M&Aでは、デューデリジェンスや譲渡対価に多くの費用を要するため、資金調達の方法を理解しておくことが重要です。今回はM&Aで役立つ資金調達方法を公認会計士が網羅的に解説します。(公認会計士監修記事)
手元資金が足りない場合、買収資金そのものを外部から調達しなければなりません。
契約上、買い手の買収資金調達が完了することをクロージングの実行の前提条件とすることがあります。
買い手の立場からすると、買収交渉と資金調達交渉の二つを同時並行で進める必要があるため、M&Aの難易度としては上がります。
買収対象企業に納税の未払がある、決算後に多額の納税を行う見込があるといった場合、実質的に買い手が納税資金を負担することとなります。
納税資金が不足する恐れがある場合、買い手は前もって納税資金のために資金調達を実施する必要があります。
M&Aを行う場合、買い手は買収資金の他に、専門家へのデューデリジェンス費用やM&A仲介会社への仲介手数料などを支払う必要があります。
M&Aの専門家に支払う資金が不足していれば、買収資金の調達と合わせて、資金調達を考えなければなりません。
直接金融とは、対象企業が銀行などの第三者を介さずに証券市場等を通じて、直接投資家から資金調達する方法です。
直接金融の例としては、増資や社債発行が挙げられます。
間接金融とは、対象企業とお金の出し手の間に第三者が存在する取引形態です。
第三者となるのは主に銀行です。
銀行のビジネスモデルは預金者から資金調達し、その資金を企業へ融資することを主としています。
この時、預金者は自身の資金がどのような企業に融資されているか知ることはなく、同様に、企業もどのような預金者の資金を利用しているかは分かりません。
第三者である金融機関が間に入ることで、個人の資金が円滑に企業へと融資されることとなります。

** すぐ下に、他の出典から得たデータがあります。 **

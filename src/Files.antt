-- ===== src/Files.antt =====
-- The names of files: the hex of IDs (util.go, catalog.go), the output that a live file is for
-- (store.go), shards and paths (cache.go, store.go).
use gocachez.Prelude.{
  ℕ, ◌+◌, ◌-◌, ◌*◌, ◌/◌, ◌%◌, Bool, true, false, not, ◌&&◌, ◌||◌, Option, none, some, List, [], ◌∷◌,
  ◌++◌, map, Bytes, codes, take, select, length, same, ltb, ◌==◌, if◌then◌else◌,
}
use gocachez.Prelude.Int.{ℤ, leb_ℤ}
use gocachez.Bytes.{digit, trim_suffix, cut}
use gocachez.Catalog.{Catalog}
use gocachez.Expiry.{bytes_before}

-- `hex.EncodeToString` and `hex.DecodeString`
unfoldable pub hex_digit : ℕ → ℕ
hex_digit n = if ltb n 10 then b'0' + n else b'a' + (n - 10)

unfoldable pub encode : Bytes → Bytes
unfolding hex_digit
encode [] = []
encode (b ∷ bs) = hex_digit (b / 16) ∷ hex_digit (b % 16) ∷ encode bs

unfoldable pub decode : Bytes → Option Bytes
decode [] = some []
decode (x ∷ []) = none
decode (x ∷ y ∷ rest) = elim (digit x) [
  | none ↦ none
  | some h ↦ elim (digit y) [
    | none ↦ none
    | some l ↦ elim (decode rest) [ none ↦ none | some bs ↦ some ((h * 16 + l) ∷ bs) ]
  ]
]

-- `idHex`; `idKey` is `decode`, and panics where that is none.
unfoldable pub id_hex : Bytes → Option Bytes
id_hex [] = none
id_hex (b ∷ bs) = some (encode (b ∷ bs))

-- `liveOutputID` of a file's base name.
unfoldable pub live_output_id : Bytes → Bytes
live_output_id base = elim (cut base b'-') [
  | none ↦ []
  | some (id, _) ↦ elim (decode id) [
    | none ↦ []
    | some key ↦ if same (encode key) id then id else []
  ]
]

-- `outputShard` and `shardPrefix`
unfoldable pub output_shard : Bytes → Bytes
output_shard id = if ltb (length id) 2 then codes "xx" else take 2 id

unfoldable pub shard_prefix : ℕ → Bytes
unfolding encode
shard_prefix shard = encode (shard ∷ [])

abbrev pub last_output_shard : ℕ
last_output_shard = 255

-- `referencedOutputIDs`, as the hex of the IDs.
unfoldable pub referenced_output_ids : ℕ → ℤ → Catalog → List Bytes
referenced_output_ids shard min_accessed_at c =
    map (λ o. encode o.output_id)
      (select
        (λ o.
          not (bytes_before o.output_id (shard ∷ []))
          && (shard == last_output_shard || bytes_before o.output_id ((shard + 1) ∷ []))
          && leb_ℤ min_accessed_at o.accessed_at)
        c.outputs)

-- A file of the trees of blobs and of retained files, in a directory of its tree.
pub data Tree : Type 0 where
  blobs : Tree
  retained : Tree

pub record FilePath : Type 0 where
  pub tree : Tree
  pub dir : Bytes
  pub base : Bytes

abbrev pub tree_eq : Tree → Tree → Bool
tree_eq blobs blobs = true
tree_eq blobs retained = false
tree_eq retained blobs = false
tree_eq retained retained = true

abbrev pub path_eq : FilePath → FilePath → Bool
path_eq p q = tree_eq p.tree q.tree && same p.dir q.dir && same p.base q.base

-- `blobPath` and `retainedPath`
abbrev pub blob_path : Bytes → FilePath
blob_path id = record { tree = blobs; dir = output_shard id; base = id ++ codes ".zst" }

abbrev pub retained_path : Bytes → Bytes → FilePath
retained_path id ext = record { tree = retained; dir = output_shard id; base = id ++ ext }

-- `filepath.Ext` of a base name
unfoldable pub ext_of : Bytes → Bytes
ext_of [] = []
ext_of (b ∷ bs) = elim (ext_of bs) [ [] ↦ if b == b'.' then b ∷ bs else [] | c ∷ cs ↦ c ∷ cs ]

-- The name of the output that a file's base name has.
unfoldable pub output_of : Bytes → Bytes
output_of base = trim_suffix base (ext_of base)
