-- ===== src/Maintenance.antt =====
-- The maintenance of cache.go and catalog.go: when it is due, eviction down to the size budget, and
-- expiry by age.
pub mod Due
pub mod Plan
pub mod Chosen
pub mod Cover
pub mod Stop
pub mod Evict
pub mod Rounds
pub mod Unlink
pub mod Budget
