-- ===== src/Store/State.antt =====
-- The state of `store` (store.go), the files that it works on, and the protocol's messages
-- (protocol.go).
use gocachez.Prelude.{
  ◌≡◌, ℕ, ◌+◌, Bool, true, false, Option, none, some, List, [], Bytes, same, ◌==◌, if◌then◌else◌,
}
use gocachez.Prelude.Int.{ℤ}
use gocachez.Catalog.{Key, Catalog}
use gocachez.Catalog.Put.{DbError}

-- The commands of the protocol; `unknown` is any other string.
pub data Command : Type 0 where
  put get close unknown : Command

-- `request`
pub record Request : Type 0 where
  pub id : ℤ
  pub command : Command
  pub action_id : Key
  pub output_id : Key
  pub body_size : ℤ

pub data Error : Type 0 where
  missing_action_id missing_output_id body_refused body_broken io_failure size_mismatch : Error
  unknown_command : Error
  catalog_failure : DbError → Error

-- The name of a file in the run directory. `os.CreateTemp` never returns a name in use.
abbrev pub LivePath : Type 0
LivePath = ℕ

-- `response`, without the list of commands, which only the handshake fills.
pub record Response : Type 0 where
  pub id : ℤ
  pub err : Option Error
  pub miss : Bool
  pub output_id : Option Key
  pub size : ℕ
  pub time : Option ℤ
  pub disk_path : Option LivePath

-- What `put` and `get` return: a response, or an error.
pub data Result : Type 0 where
  ok : Response → Result
  fail : Error → Result

-- `response{ID: id}`
abbrev pub response : ℤ → Response
response id = record {
  id = id;
  err = none;
  miss = false;
  output_id = none;
  size = 0;
  time = none;
  disk_path = none;
}

-- A map with digests for keys.
abbrev pub Map {ℓ} : Type ℓ → Type ℓ
Map V = Key → Option V

unfoldable pub update {ℓ} : {V : Type ℓ} → Key → Option V → Map V → Map V
update k v m j = if same k j then v else m j

unfoldable pub update_live :
    LivePath → Option Bytes → (LivePath → Option Bytes) → LivePath → Option Bytes
update_live p v m q = if p == q then v else m q

-- What `put` and `get` read and write of `store`: the catalog, the compressed blobs by output, the
-- files of the run directory (`next_path` is the first name not yet used there), and the maps that
-- `mu` guards. `accessed` and `accessed_outputs` list the latest access first.
pub record Store : Type 0 where
  pub catalog : Catalog
  pub blobs : Map Bytes
  pub live : LivePath → Option Bytes
  pub next_path : LivePath
  pub materialized : Map LivePath
  pub accessed : List (Key × ℤ)
  pub accessed_outputs : List (Key × ℤ)
  pub access_flushed : ℤ
  pub installed : ℕ

-- The compression library: decompressing what was compressed gives it back, as zstd documents.
pub record Codec : Type 0 where
  pub compress : Bytes → Bytes
  pub decompress : Bytes → Option Bytes
  pub decompress-compress : (content : Bytes) → decompress (compress content) ≡ some content

-- `regularFile` on a live path.
unfoldable pub is_live : Store → LivePath → Bool
is_live st p = elim (st.live p) [ none ↦ false | some _ ↦ true ]

-- `createLiveFile`: a new empty file, or an error and no file.
unfoldable pub create_live_file : Bool → Store → Option LivePath × Store
create_live_file failed st = if failed then (none, st) else (
  some st.next_path,
  record st { live = update_live st.next_path (some []) st.live; next_path = st.next_path + 1 },
)

-- The deferred `os.Remove` of a live file, whose failure is ignored: the file is left behind then.
unfoldable pub remove_live : Bool → LivePath → Store → Store
remove_live failed p st = if failed then st else record st { live = update_live p none st.live }

-- `setMaterialized` and `deleteMaterialized`
unfoldable pub set_materialized : Key → LivePath → Store → Store
set_materialized k p st = record st { materialized = update k (some p) st.materialized }

unfoldable pub delete_materialized : Key → Store → Store
delete_materialized k st = record st { materialized = update k none st.materialized }
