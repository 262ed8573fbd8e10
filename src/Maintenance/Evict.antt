-- ===== src/Maintenance/Evict.antt =====
-- `evictToMaxSize` of cache.go, for any list of candidates, however stale it is.
use gocachez.Prelude.{
  ℕ, ◌+◌, ◌≡◌, refl, Bool, true, false, ◌&&◌, ◌||◌, Option, none, some, List, [], ◌∷◌, Bytes,
  select, if◌then◌else◌, arith, Bool-cases, inl, inr,
}
use gocachez.Prelude.Int.{ℤ, pos, leb_ℤ, ◌-ℤ◌}
use gocachez.Catalog.{Key, OutputRow, Catalog, delete_where, has_output_id, evict_output}
use gocachez.Catalog.Listing.{compressed_size}
use gocachez.Store.State.{Map, update}

-- `pruneCandidate`
pub record PruneCandidate : Type 0 where
  pub output_id : Key
  pub id : ℕ
  pub size : ℕ
  pub accessed_at : ℤ

-- What eviction works on: the catalog, and the compressed blobs by output.
pub record Cache : Type 0 where
  pub catalog : Catalog
  pub blobs : Map Bytes

-- How one round of the loop goes: `unlink_fails` is also a stripe that cannot be locked.
pub data Round : Type 0 where
  fine row_fails unlink_fails : Round

-- The loop: the outputs that were evicted, or an error, and the cache after it. `rounds` tells how
-- each round goes. No other process acts on the cache during the loop; the source allows a put of
-- an output between the delete of its row and the unlink of its blob, which ends in a miss.
unfoldable pub evict_each :
    (ℕ → Round) → ℤ → List PruneCandidate → ℕ → ℤ → Cache → Option (List Key) × Cache
evict_each rounds max_size [] n total s = (some [], s)
evict_each rounds max_size (c ∷ cs) n total s = elim (leb_ℤ total max_size) [
  | true ↦ (some [], s)
  | false ↦
      let (removed, catalog) = evict_output c.output_id c.accessed_at s.catalog in
      elim (rounds n) [
        | row_fails ↦ (none, s)
        | unlink_fails ↦ elim removed [
          | true ↦ (none, record s { catalog = catalog })
          | false ↦ evict_each rounds max_size cs (n + 1) total (record s { catalog = catalog })
        ]
        | fine ↦ elim removed [
          | true ↦
              let (evicted, s') =
                evict_each rounds max_size cs (n + 1) (total -ℤ pos c.size)
                  (record s { catalog = catalog; blobs = update c.output_id none s.blobs }) in
              (elim evicted [ none ↦ none | some keys ↦ some (c.output_id ∷ keys) ], s')
          | false ↦ evict_each rounds max_size cs (n + 1) total (record s { catalog = catalog })
        ]
      ]
]

-- `evictToMaxSize`. `sized` is whether the total could be read.
unfoldable pub evict_to_max_size :
    (ℕ → Round) → Bool → ℤ → List PruneCandidate → Cache → Option (List Key) × Cache
evict_to_max_size rounds sized max_size [] s = (some [], s)
evict_to_max_size rounds sized max_size (c ∷ cs) s =
    if sized
    then evict_each rounds max_size (c ∷ cs) 0 (pos (compressed_size s.catalog)) s
    else (none, s)

-- The row was chosen: a candidate names it, and nothing has accessed it since.
unfoldable pub is_chosen : List PruneCandidate → OutputRow → Bool
is_chosen [] o = false
is_chosen (c ∷ cs) o =
    (has_output_id c.output_id o && leb_ℤ o.accessed_at c.accessed_at) || is_chosen cs o

-- Deleting rows that a filter drops anyway changes nothing for the filter.
pub select-delete_where :
    {A : Type 0} (p d : A → Bool)
    → ((x : A) → p x ≡ true → d x ≡ false)
    → (xs : List A) → select p (delete_where d xs) ≡ select p xs
unfolding select delete_where
select-delete_where p d h [] = refl
select-delete_where p d h (x ∷ xs) = elim (Bool-cases (p x)) [
  | inl t ↦ ground (arith, t, h x t, select-delete_where p d h xs)
  | inr f ↦ ground (arith, f, select-delete_where p d h xs)
]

公募増資とは既存株主や特定の第三者だけでなく、広く一般的に投資家に対して新株を発行することで資金調達をする方法です。
上場会社が新たな成長資金のため、財政基盤強化のためなどによく利用されます。
払込金額の決定方法は、ブックビルディング方式と呼ばれる投資家の需要により株価が変動する方法を取っています。
投資からからの需要が強ければ株価は高くなり、反対に、需要が弱いものであれば株価は安く調整されます。
株主割当増資とは、既存株主に対してその持株比率に応じてプロラタで新株を発行することで資金調達をする方法です。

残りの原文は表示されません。